> Exercise aim:
Each line of the data below that contains "scheduler" must be copied.
::::
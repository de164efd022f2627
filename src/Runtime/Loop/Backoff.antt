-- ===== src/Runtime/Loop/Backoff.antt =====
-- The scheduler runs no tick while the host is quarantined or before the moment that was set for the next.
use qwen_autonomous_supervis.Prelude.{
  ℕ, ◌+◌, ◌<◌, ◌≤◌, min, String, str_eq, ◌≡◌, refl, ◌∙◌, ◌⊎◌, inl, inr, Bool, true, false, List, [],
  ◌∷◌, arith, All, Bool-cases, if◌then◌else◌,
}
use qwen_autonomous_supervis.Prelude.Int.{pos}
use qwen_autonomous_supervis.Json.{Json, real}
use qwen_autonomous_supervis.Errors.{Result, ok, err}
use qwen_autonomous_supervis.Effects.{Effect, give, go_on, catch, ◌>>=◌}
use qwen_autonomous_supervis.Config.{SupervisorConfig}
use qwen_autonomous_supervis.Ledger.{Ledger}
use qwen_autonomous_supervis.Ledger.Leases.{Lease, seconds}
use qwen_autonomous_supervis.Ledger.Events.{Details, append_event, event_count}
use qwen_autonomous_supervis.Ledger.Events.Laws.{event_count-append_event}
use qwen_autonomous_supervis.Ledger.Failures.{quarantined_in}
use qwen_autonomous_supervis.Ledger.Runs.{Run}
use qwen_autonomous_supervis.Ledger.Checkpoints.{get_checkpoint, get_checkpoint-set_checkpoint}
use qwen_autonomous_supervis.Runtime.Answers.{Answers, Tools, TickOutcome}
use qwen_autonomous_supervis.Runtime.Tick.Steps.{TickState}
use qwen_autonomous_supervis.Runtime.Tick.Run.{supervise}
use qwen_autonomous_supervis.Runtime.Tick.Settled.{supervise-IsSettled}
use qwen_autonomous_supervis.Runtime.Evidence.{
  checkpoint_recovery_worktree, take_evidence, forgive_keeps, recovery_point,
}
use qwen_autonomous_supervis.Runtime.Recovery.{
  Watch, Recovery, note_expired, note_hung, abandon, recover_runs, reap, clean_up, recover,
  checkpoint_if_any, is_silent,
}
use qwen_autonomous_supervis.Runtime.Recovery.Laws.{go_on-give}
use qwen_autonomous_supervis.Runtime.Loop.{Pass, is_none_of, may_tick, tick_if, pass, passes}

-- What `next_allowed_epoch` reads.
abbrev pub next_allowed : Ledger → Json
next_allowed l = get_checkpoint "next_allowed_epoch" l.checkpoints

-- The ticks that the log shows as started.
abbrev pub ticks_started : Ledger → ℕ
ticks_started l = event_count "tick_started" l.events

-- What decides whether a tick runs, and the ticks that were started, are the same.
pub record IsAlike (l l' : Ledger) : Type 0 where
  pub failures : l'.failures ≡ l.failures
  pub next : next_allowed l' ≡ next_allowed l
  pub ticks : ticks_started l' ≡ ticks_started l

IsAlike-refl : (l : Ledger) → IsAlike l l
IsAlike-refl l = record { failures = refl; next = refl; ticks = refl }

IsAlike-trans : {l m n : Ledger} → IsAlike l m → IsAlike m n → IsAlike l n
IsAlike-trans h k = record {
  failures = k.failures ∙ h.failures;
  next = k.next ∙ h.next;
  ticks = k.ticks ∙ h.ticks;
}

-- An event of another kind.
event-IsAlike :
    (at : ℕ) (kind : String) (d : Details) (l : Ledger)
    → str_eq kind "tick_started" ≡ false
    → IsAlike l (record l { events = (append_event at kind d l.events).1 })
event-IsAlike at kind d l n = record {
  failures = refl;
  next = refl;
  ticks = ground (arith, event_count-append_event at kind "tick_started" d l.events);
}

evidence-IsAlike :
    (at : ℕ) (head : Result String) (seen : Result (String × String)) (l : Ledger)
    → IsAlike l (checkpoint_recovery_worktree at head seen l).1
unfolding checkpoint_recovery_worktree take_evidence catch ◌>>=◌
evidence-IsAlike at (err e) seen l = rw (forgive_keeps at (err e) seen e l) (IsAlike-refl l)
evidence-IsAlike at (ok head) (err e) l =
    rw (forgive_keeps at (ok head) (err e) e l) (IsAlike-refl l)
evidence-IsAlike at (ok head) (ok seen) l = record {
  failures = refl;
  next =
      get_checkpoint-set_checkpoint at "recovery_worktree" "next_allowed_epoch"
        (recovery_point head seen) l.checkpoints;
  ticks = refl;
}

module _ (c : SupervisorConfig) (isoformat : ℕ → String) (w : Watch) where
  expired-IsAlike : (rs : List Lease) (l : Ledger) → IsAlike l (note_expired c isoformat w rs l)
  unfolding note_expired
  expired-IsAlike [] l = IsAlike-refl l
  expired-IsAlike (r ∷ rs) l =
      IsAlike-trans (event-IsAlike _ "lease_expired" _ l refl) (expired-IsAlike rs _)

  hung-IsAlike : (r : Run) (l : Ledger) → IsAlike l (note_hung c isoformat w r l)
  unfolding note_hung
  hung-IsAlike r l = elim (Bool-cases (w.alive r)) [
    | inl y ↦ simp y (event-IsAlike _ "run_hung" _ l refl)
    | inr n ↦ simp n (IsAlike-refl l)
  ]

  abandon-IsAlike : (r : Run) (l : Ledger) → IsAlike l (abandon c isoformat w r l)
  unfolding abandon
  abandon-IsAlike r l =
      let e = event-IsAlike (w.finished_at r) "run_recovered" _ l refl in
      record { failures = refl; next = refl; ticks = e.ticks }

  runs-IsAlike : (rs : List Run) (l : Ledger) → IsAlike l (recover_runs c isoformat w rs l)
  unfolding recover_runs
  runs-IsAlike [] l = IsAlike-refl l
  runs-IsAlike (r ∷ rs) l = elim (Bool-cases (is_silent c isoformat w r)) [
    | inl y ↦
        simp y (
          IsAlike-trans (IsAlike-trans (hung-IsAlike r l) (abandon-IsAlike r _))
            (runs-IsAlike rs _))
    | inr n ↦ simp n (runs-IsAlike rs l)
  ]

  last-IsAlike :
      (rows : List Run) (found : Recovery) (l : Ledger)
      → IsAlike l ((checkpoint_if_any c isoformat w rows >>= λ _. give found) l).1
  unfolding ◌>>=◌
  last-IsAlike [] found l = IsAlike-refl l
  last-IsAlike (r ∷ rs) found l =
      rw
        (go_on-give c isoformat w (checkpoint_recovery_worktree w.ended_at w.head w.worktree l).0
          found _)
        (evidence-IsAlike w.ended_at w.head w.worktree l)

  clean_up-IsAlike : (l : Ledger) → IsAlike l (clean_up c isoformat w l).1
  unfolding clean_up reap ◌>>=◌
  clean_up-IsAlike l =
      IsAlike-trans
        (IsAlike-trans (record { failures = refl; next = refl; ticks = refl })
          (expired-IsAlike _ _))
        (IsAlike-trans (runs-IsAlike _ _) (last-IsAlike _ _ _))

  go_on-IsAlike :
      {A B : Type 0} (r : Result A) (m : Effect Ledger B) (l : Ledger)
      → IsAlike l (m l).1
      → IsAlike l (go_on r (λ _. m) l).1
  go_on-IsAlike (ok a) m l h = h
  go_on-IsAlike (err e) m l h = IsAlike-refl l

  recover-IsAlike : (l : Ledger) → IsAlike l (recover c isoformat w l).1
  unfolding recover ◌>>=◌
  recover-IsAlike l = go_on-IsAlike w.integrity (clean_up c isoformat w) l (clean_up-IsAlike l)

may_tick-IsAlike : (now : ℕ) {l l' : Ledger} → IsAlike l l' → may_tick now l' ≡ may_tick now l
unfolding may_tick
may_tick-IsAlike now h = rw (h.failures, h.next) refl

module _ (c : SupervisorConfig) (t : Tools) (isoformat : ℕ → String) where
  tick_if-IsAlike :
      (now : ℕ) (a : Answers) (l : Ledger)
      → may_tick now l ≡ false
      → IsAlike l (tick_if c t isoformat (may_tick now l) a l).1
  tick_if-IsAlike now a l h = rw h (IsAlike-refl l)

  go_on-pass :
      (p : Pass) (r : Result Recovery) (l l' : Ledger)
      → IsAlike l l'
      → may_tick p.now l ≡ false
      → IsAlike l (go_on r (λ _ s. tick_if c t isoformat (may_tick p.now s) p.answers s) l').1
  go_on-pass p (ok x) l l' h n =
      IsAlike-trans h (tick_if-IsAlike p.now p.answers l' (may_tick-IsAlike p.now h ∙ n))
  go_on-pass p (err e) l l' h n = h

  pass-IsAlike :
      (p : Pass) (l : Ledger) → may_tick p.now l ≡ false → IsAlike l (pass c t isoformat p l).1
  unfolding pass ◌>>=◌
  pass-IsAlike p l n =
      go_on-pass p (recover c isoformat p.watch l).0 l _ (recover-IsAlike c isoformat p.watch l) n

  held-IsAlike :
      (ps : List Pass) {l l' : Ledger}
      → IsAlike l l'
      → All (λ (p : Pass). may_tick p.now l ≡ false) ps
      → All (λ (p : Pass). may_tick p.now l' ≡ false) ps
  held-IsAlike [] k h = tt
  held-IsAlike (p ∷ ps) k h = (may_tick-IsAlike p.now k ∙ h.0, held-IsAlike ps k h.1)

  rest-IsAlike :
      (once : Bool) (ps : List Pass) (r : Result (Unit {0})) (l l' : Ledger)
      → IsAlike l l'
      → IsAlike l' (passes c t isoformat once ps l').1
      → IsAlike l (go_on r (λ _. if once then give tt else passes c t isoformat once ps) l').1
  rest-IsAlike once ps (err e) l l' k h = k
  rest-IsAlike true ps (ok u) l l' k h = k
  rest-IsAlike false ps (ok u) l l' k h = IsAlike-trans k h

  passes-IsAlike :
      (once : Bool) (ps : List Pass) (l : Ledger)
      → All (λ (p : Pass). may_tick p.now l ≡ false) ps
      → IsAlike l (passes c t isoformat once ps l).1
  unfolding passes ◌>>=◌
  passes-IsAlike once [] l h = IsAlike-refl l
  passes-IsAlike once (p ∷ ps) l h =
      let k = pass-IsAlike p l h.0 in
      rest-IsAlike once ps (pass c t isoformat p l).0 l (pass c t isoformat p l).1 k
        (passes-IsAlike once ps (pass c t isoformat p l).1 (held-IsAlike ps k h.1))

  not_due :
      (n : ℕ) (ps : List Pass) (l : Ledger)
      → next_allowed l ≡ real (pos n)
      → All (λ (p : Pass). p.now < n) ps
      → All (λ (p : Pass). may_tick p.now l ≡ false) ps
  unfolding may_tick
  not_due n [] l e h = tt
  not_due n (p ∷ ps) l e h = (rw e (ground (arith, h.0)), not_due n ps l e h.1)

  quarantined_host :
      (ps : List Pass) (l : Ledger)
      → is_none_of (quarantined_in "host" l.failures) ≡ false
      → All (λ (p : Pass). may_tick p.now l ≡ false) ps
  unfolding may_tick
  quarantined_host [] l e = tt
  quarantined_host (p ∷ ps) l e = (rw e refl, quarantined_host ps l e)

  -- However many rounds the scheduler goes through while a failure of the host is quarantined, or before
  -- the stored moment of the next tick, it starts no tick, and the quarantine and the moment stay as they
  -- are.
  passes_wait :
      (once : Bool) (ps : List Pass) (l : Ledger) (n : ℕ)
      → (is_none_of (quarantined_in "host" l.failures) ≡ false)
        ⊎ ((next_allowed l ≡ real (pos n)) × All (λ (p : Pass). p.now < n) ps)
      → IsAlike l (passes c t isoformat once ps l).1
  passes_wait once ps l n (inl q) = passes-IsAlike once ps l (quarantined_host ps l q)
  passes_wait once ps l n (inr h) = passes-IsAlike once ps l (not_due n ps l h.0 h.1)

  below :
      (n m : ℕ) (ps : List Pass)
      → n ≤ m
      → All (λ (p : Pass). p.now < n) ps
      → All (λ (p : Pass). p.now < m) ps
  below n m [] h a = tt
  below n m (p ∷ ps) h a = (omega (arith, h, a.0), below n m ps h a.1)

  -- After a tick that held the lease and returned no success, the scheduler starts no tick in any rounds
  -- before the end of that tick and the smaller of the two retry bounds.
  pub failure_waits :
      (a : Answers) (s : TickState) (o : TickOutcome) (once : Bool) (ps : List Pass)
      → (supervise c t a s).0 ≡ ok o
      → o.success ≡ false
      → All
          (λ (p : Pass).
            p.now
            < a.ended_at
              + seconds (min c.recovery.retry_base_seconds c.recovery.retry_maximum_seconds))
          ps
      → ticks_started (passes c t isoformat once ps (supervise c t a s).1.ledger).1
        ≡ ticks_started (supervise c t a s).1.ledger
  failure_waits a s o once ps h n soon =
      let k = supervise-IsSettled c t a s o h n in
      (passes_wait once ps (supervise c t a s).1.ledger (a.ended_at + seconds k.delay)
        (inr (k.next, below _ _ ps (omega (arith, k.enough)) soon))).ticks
::::
> Answer to this exercise:
-- The scheduler runs no tick while the host is quarantined or before the moment that was set for the next.
  -- However many rounds the scheduler goes through while a failure of the host is quarantined, or before
  -- After a tick that held the lease and returned no success, the scheduler starts no tick in any rounds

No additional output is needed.